Even after deaths, ABC13 investigation reveals Houston boarding houses have little oversight

Friday, June 2, 2017
Ted Oberg investigates if landlords are putting tenants at risk
Ted Oberg investigates if landlords are putting tenants at risk in boarding houses.

HOUSTON, Texas (KTRK) -- After two people died in a rooming house fire in March, Mayor Sylvester Turner is promising to clean up Houston's boarding houses.



After ABC13's investigation, city leaders met to look at boarding house oversight at the end of May.



A task force comprised of several city departments met Tuesday to discuss implementing new oversight rules for an industry that currently has nearly none.



Sandra Bruner and Gregory Crawley were killed March 16 when a fire started inside Briscoe's Place an unpermitted boarding house.





The owner of the building had been denied a permit to operating a boarding house, city records show.



Regulatory confusion



Houston's boarding houses are some of the lowest rent, highest risk properties in the city. Our investigation uncovered a complex and confusing web of rules surrounding boarding houses.



Boarding houses, or more officially "congregate living facilities", are typically single rooms with a bed and a table. Residents share bathrooms and kitchens. Boarding houses are all over Houston, almost always full and frequently just below the city of Houston's regulatory radar.
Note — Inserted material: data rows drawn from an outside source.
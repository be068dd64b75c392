-- ===== src/Running/Apart.antt =====
-- The rows of a batch of src/agentlen/application/use_cases/run_import.py are of different entities, since the
-- normalizer draws a number for each.
use mathlib.Core.Path.{subst}
use agent_len.Base.{ℕ, suc, ◌≤◌, ◌<◌, ◌≡◌, refl, ap, sym, false}
use agent_len.Base.{none, some, List, [], ◌∷◌, ◌++◌, map, ok, >>=-eq-ok}
use agent_len.Base.{ok-injective, arith, contains, nat_eq}
use agent_len.Base.{inl, inr, Option-cases}
use agent_len.Base.Dict.{Dict, lookup}
use agent_len.Base.{string_eq, pair_eq, list_eq, int_eq}
use mathlib.Core.List.{map-append}
use agent_len.Json.{Members, obj}
use agent_len.Mapping.{Mapping, rejected}
use agent_len.Python.{Python}
use agent_len.Normalizer.{NormalizationResult, normalize}
use agent_len.Normalizer.Entities.{Session, ModelCall, ToolCall, tool}
use agent_len.Normalizer.Numbered.{Rising, Rising-append, Supplied, normalize-Supplied, session_id}
use agent_len.Normalizer.Numbered.{model_id, tool_id}
use agent_len.Storage.Distinct.{Distinct}
use agent_len.Storage.Sessions.{SessionRow}
use agent_len.Storage.Calls.{ModelCallRow, ToolCallRow}
use agent_len.Running.References.{CacheKey}
use agent_len.Running.References.{kind_eq}
use agent_len.Running.Rows.{BatchRows, session_rows, model_rows, tool_rows, record_rows, batch_rows}
use agent_len.Running.Rows.{normalize_batch, reference_key, resolved_id}

Rising-away : (x low high : ℕ) (ns : List ℕ) → x < low → Rising low ns high → contains x ns ≡ false
Rising-away x low high [] under h = refl
Rising-away x low high (n ∷ ns) under h = ground (
  arith,
  h.0,
  under,
  nat_eq.beq_iff n x,
  Rising-away x (suc n) high ns (omega (arith, h.0, under)) h.1,
)

pub Rising-Distinct : (low high : ℕ) (ns : List ℕ) → Rising low ns high → Distinct ns
Rising-Distinct low high [] h = tt
Rising-Distinct low high (n ∷ ns) h =
    (Rising-away n (suc n) high ns (omega arith) h.1, Rising-Distinct (suc n) high ns h.1)

Rising-le : (low high : ℕ) (ns : List ℕ) → Rising low ns high → low ≤ high
Rising-le low high [] h = h
Rising-le low high (n ∷ ns) h = omega (arith, h.0, Rising-le (suc n) high ns h.1)

Rising-widen :
    (low high below above : ℕ) (ns : List ℕ)
    → below ≤ low
    → high ≤ above
    → Rising low ns high
    → Rising below ns above
Rising-widen low high below above [] l u h = omega (arith, h)
Rising-widen low high below above (n ∷ ns) l u h =
    (omega (arith, h.0), Rising-widen (suc n) high (suc n) above ns (omega arith) u h.1)

-- The rows of a batch, whose entities have distinct numbers.
pub record Apart (low high : ℕ) (rows : BatchRows) : Type 0 where
  pub sessions : Rising low (map (λ r. r.entity.id) rows.sessions) high
  pub models : Rising low (map (λ r. r.entity.id) rows.model_calls) high
  pub tools : Rising low (map (λ r. r.entity.id) rows.tool_calls) high

module _ (resolved : Dict CacheKey ℕ) (run raw line : ℕ) where
  session_rows-ids :
      (xs : List Session)
      → map (λ (r : SessionRow). r.entity.id) (session_rows resolved run raw line xs).0
        ≡ map session_id xs
  unfolding session_rows
  session_rows-ids [] = refl
  session_rows-ids (x ∷ xs) = ap (λ ns. x.id ∷ ns) (session_rows-ids xs)

  model_rows-ids :
      (xs : List ModelCall)
      → map (λ (r : ModelCallRow). r.entity.id) (model_rows resolved run raw line xs).0
        ≡ map model_id xs
  unfolding model_rows
  model_rows-ids [] = refl
  model_rows-ids (x ∷ xs) = ap (λ ns. x.id ∷ ns) (model_rows-ids xs)

  -- Tool calls that are left out leave numbers that still rise.
  tool_rows-Rising :
      (low high : ℕ) (xs : List ToolCall)
      → Rising low (map tool_id xs) high
      → Rising low
          (map (λ (r : ToolCallRow). r.entity.id) (tool_rows resolved run raw line xs).0)
          high
  unfolding tool_rows
  tool_rows-Rising low high [] h = h
  tool_rows-Rising low high (x ∷ xs) h =
      elim (Option-cases
        (resolved_id resolved (reference_key tool (some x.tool_name) none) line rejected).0) [
          | inl missing ↦
              rw (missing, tool_rows)
                (Rising-widen (suc x.id) high low high _ (omega (arith, h.0)) (omega arith)
                  (tool_rows-Rising (suc x.id) high xs h.1))
          | inr (id, is) ↦ rw (is, tool_rows) (h.0, tool_rows-Rising (suc x.id) high xs h.1)
        ]

joined-Rising :
    {A : Type 0} (id_of : A → ℕ) (low middle high : ℕ) (xs ys : List A)
    → Rising low (map id_of xs) middle
    → Rising middle (map id_of ys) high
    → Rising low (map id_of (xs ++ ys)) high
joined-Rising id_of low middle high xs ys h k =
    subst (λ ns. Rising low ns high) (sym (map-append id_of xs ys))
      (Rising-append low middle high (map id_of xs) (map id_of ys) h k)

module _ (resolved : Dict CacheKey ℕ) (run : ℕ) (raw_ids : Dict ℕ ℕ) where
  record_rows-Apart :
      (first last line : ℕ) (result : NormalizationResult)
      → Supplied first last result
      → Apart first last (record_rows resolved run raw_ids (line, result))
  unfolding record_rows
  record_rows-Apart first last line result h =
      let up = Rising-le (suc first) h.middle _ h.models in
      let over = Rising-le h.middle last _ h.tools in
      elim (Option-cases (lookup line raw_ids)) [
        | inl gone ↦
            rw (gone, record_rows)
              (record {
                sessions = omega (arith, up, over);
                models = omega (arith, up, over);
                tools = omega (arith, up, over);
              })
        | inr (raw, is) ↦
            rw (is, record_rows)
              (record {
                sessions =
                    subst (λ ns. Rising first ns last)
                      (sym (session_rows-ids resolved run raw line result.sessions))
                      (Rising-widen first (suc first) first last _ (omega arith)
                        (omega (arith, up, over)) h.sessions);
                models =
                    subst (λ ns. Rising first ns last)
                      (sym (model_rows-ids resolved run raw line result.model_calls))
                      (Rising-widen (suc first) h.middle first last _ (omega arith) over h.models);
                tools = Rising-widen h.middle last first last _ (omega (arith, up)) (omega arith) (
                    tool_rows-Rising resolved run raw line h.middle last result.tool_calls h.tools);
              })
      ]

  pub batch_rows-Apart :
      (py : Python) (mapping : Mapping) (source line next : ℕ) (batch : List Members)
      (normalised : List (ℕ × NormalizationResult)) (last : ℕ)
      → normalize_batch py mapping source line next batch ≡ ok (normalised, last)
      → Apart next last (batch_rows resolved run raw_ids normalised)
  unfolding normalize_batch batch_rows
  batch_rows-Apart py mapping source line next [] normalised last ran =
      let returned = ok-injective ran in
      subst
        (λ (r : List (ℕ × NormalizationResult) × ℕ).
          Apart next r.1 (batch_rows resolved run raw_ids r.0))
        returned (record { sessions = omega arith; models = omega arith; tools = omega arith })
  batch_rows-Apart py mapping source line next (raw ∷ batch) normalised last ran =
      let ((result, after), one, r1) =
        >>=-eq-ok (normalize py mapping (obj raw) source (some line) next) _ ran in
      let ((rest, end_id), more, r2) =
        >>=-eq-ok (normalize_batch py mapping source (suc line) after batch) _ r1 in
      let a =
        record_rows-Apart next after line result
          (normalize-Supplied py mapping (obj raw) source (some line) next one).0 in
      let b = batch_rows-Apart py mapping source (suc line) after batch rest end_id more in
      subst
        (λ (r : List (ℕ × NormalizationResult) × ℕ).
          Apart next r.1 (batch_rows resolved run raw_ids r.0))
        (ok-injective r2)
        (record {
          sessions =
              joined-Rising (λ (r : SessionRow). r.entity.id) next after end_id _ _ a.sessions
                b.sessions;
          models =
              joined-Rising (λ (r : ModelCallRow). r.entity.id) next after end_id _ _ a.models
                b.models;
          tools =
              joined-Rising (λ (r : ToolCallRow). r.entity.id) next after end_id _ _ a.tools
                b.tools;
        })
No one city department is in charge of regulating boarding houses. At least four city departments have rules regarding them, but our investigation reveals even if you don't meet all those rules, you can still open for business.



The promised review



One day after the fire, the mayor's spokesperson told the Houston Chronicle there were obvious deficiencies in the city's system and promised a "full review of everything."



Two months later, the structure is being rebuilt and the mayor's review seems stuck.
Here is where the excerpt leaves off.